I don’t want to misrepresent myself. The score analyses were in the form of a few written scores. I was able to find enough information to cover 75% or so of the main themes. However I did not take them as gospel because they disagreed with each other or did not represent what I heard in the official soundtrack. I made those charts bleed ink. I transcribed the remaining 25% or so from ear. I tracked each part in sloppily on keys and edited. That still amounts to transcribing by ear for about 2-3 minutes of music.


----------



## K. Johnston (Nov 22, 2020)

Stephen Limbaugh said:


> @K. Johnston Ahh yes, the balance of having fun, finishing, and being a tweaking perfectionist!
> 
> One small change on the trumpet part in_ Journey to the Island_ would be on the 3rd line Bb before the F, and the 3rd space C before the G. Is there a tenuto or or portato option for those notes? It's a quick change that would help a lot. Sometimes a tenuto or portato option gives a not-too-sharp transient, a full clear sound, and not too short.



I may give it a shot here in a few weeks. Thank you!


----------



## K. Johnston (Nov 22, 2020)

Stephen Limbaugh said:


> Also, where is your Star Wars? No legato?! Would like to hear.
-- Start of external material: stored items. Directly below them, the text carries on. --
-- ===== src/Backend/Toggles/Outcomes.antt =====
-- What a toggle of a feed comes to.
use manifeed.Common.{
  ℕ, Bool-cases, List, is_some, is_some-find, ◌≡◌, ◌⊎◌, inl, inr, refl, sym, ap, ◌∙◌, Bool, true,
  false, Option, none, some, map_option, any, find, update, find-update, find-update_ne, find-holds,
  if-cases, ==_iff, ◌==◌, arith, Outcome, ok, err, Error,
}
use manifeed.Db.{Database, Feed, is_feed}
use manifeed.Backend.Payloads.{company_of}
use manifeed.Backend.Toggles.{
  bool_eq, set_rss_feed_enabled, commit_toggle, is_disabled, toggle_found_feed,
  toggle_rss_feed_enabled,
}

-- The switch of the feed that an id finds.
abbrev pub enabled_of : ℕ → Database → Option Bool
enabled_of id db = map_option (λ f. f.enabled) (find (is_feed id) db.feeds)

-- A toggle that succeeds has set the feed and answers so, and leaves all other feeds as they were; a
-- toggle that fails leaves the database as it was.
abbrev pub Toggled : ℕ → Bool → Database → Outcome (ℕ × Bool) × Database → Type 0
Toggled id enabled db (err e, db') = db' ≡ db
Toggled id enabled db (ok (answer_id, answer), db') =
    (answer_id ≡ id)
    × (answer ≡ enabled)
    × (enabled_of id db' ≡ some enabled)
    × ((k : ℕ) → ((k ≡ id) ⊎ (find (is_feed k) db'.feeds ≡ find (is_feed k) db.feeds)))

pub bool_eq-eq : (a b : Bool) → bool_eq a b ≡ true → a ≡ b
bool_eq-eq true true h = refl
bool_eq-eq true false h = cc
bool_eq-eq false true h = cc
bool_eq-eq false false h = refl

others_kept :
    (id k : ℕ) (enabled : Bool) (fs : List Feed)
    → (k ≡ id)
      ⊎ (find (is_feed k) (update (is_feed id) (λ row. record row { enabled = enabled }) fs)
          ≡ find (is_feed k) fs)
others_kept id k enabled fs = elim (Bool-cases (k == id)) [
  | inl same ↦ inl ((==_iff k id).0 same)
  | inr other ↦ inr (
      find-update_ne (is_feed k) (is_feed id) (λ row. record row { enabled = enabled }) fs
        (λ x. refl) (λ x m. ground (arith, ==_iff x.id k)))
]

module _ (id : ℕ) (enabled : Bool) (db : Database) where
  unchanged-Toggled :
      (feed : Feed)
      → find (is_feed id) db.feeds ≡ some feed
      → bool_eq feed.enabled enabled ≡ true
      → Toggled id enabled db (ok (feed.id, feed.enabled), db)
  unchanged-Toggled feed found same =
      let e = bool_eq-eq feed.enabled enabled same in
      (
        (==_iff feed.id id).0 (find-holds (is_feed id) db.feeds {a = feed} found),
        e,
        ap (map_option (λ f. f.enabled)) found ∙ ap some e,
        λ k. inr refl,
      )

  commit-Toggled :
      (commits : Bool) (feed : Feed)
      → find (is_feed id) db.feeds ≡ some feed
      → Toggled id enabled db (
          commit_toggle Error.feed_not_found commits
            (feed.id, enabled)
            db
            (set_rss_feed_enabled id enabled db))
  unfolding set_rss_feed_enabled
  commit-Toggled commits feed found =
      let known : any (is_feed id) db.feeds ≡ true =
        sym (is_some-find (is_feed id) db.feeds) ∙ ap is_some found in
      rw known (
        if-cases (Toggled id enabled db) commits _ _
          (λ _. (
            (==_iff feed.id id).0 (find-holds (is_feed id) db.feeds {a = feed} found),
            refl,
            ap (map_option (λ f. f.enabled)) (
                find-update (is_feed id) (λ row. record row { enabled = enabled }) db.feeds
                  {a = feed} (λ x. refl) found),
            λ k. others_kept id k enabled db.feeds,
          ))
          (λ _. refl))

-- A toggle of a feed that succeeds answers with the feed and the wanted switch, which the feed has
-- behind it, and leaves every other feed as it was; one that fails leaves the database as it was.
pub toggle_rss_feed_enabled-Toggled :
    (feed_id : ℕ) (enabled commits : Bool) (db : Database)
    → Toggled feed_id enabled db (toggle_rss_feed_enabled feed_id enabled commits db)
unfolding toggle_rss_feed_enabled toggle_found_feed
toggle_rss_feed_enabled-Toggled feed_id enabled commits db =
    go (find (is_feed feed_id) db.feeds) refl
  where
    go :
        (o : Option Feed)
        → find (is_feed feed_id) db.feeds ≡ o
        → Toggled feed_id enabled db (toggle_found_feed feed_id enabled commits o db)
    go none missing = refl
    go (some feed) found =
        if-cases (Toggled feed_id enabled db) (bool_eq feed.enabled enabled) _ _
          (λ same. unchanged-Toggled feed_id enabled db feed found same)
          (λ _.
            if-cases (Toggled feed_id enabled db) (is_disabled (company_of feed.company_id db)) _ _
              (λ _. refl) (λ _. commit-Toggled feed_id enabled db commits feed found))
Have mercy. The first note is really aggressive. I also use staccatos in places I should not have. This was done 50% by ear too and quite long ago in my development. Based on the results, it has reminded me to not spring so fast for the latest and greatest libraries year over year.


----------



## K. Johnston (Nov 22, 2020)

Stephen Limbaugh said:


> Those are not glissandos -- slurred triplets in thirds.



Ha! If we are getting technical, by my notes, the time sig is 12/8 and those are just eighth notes. Lol


----------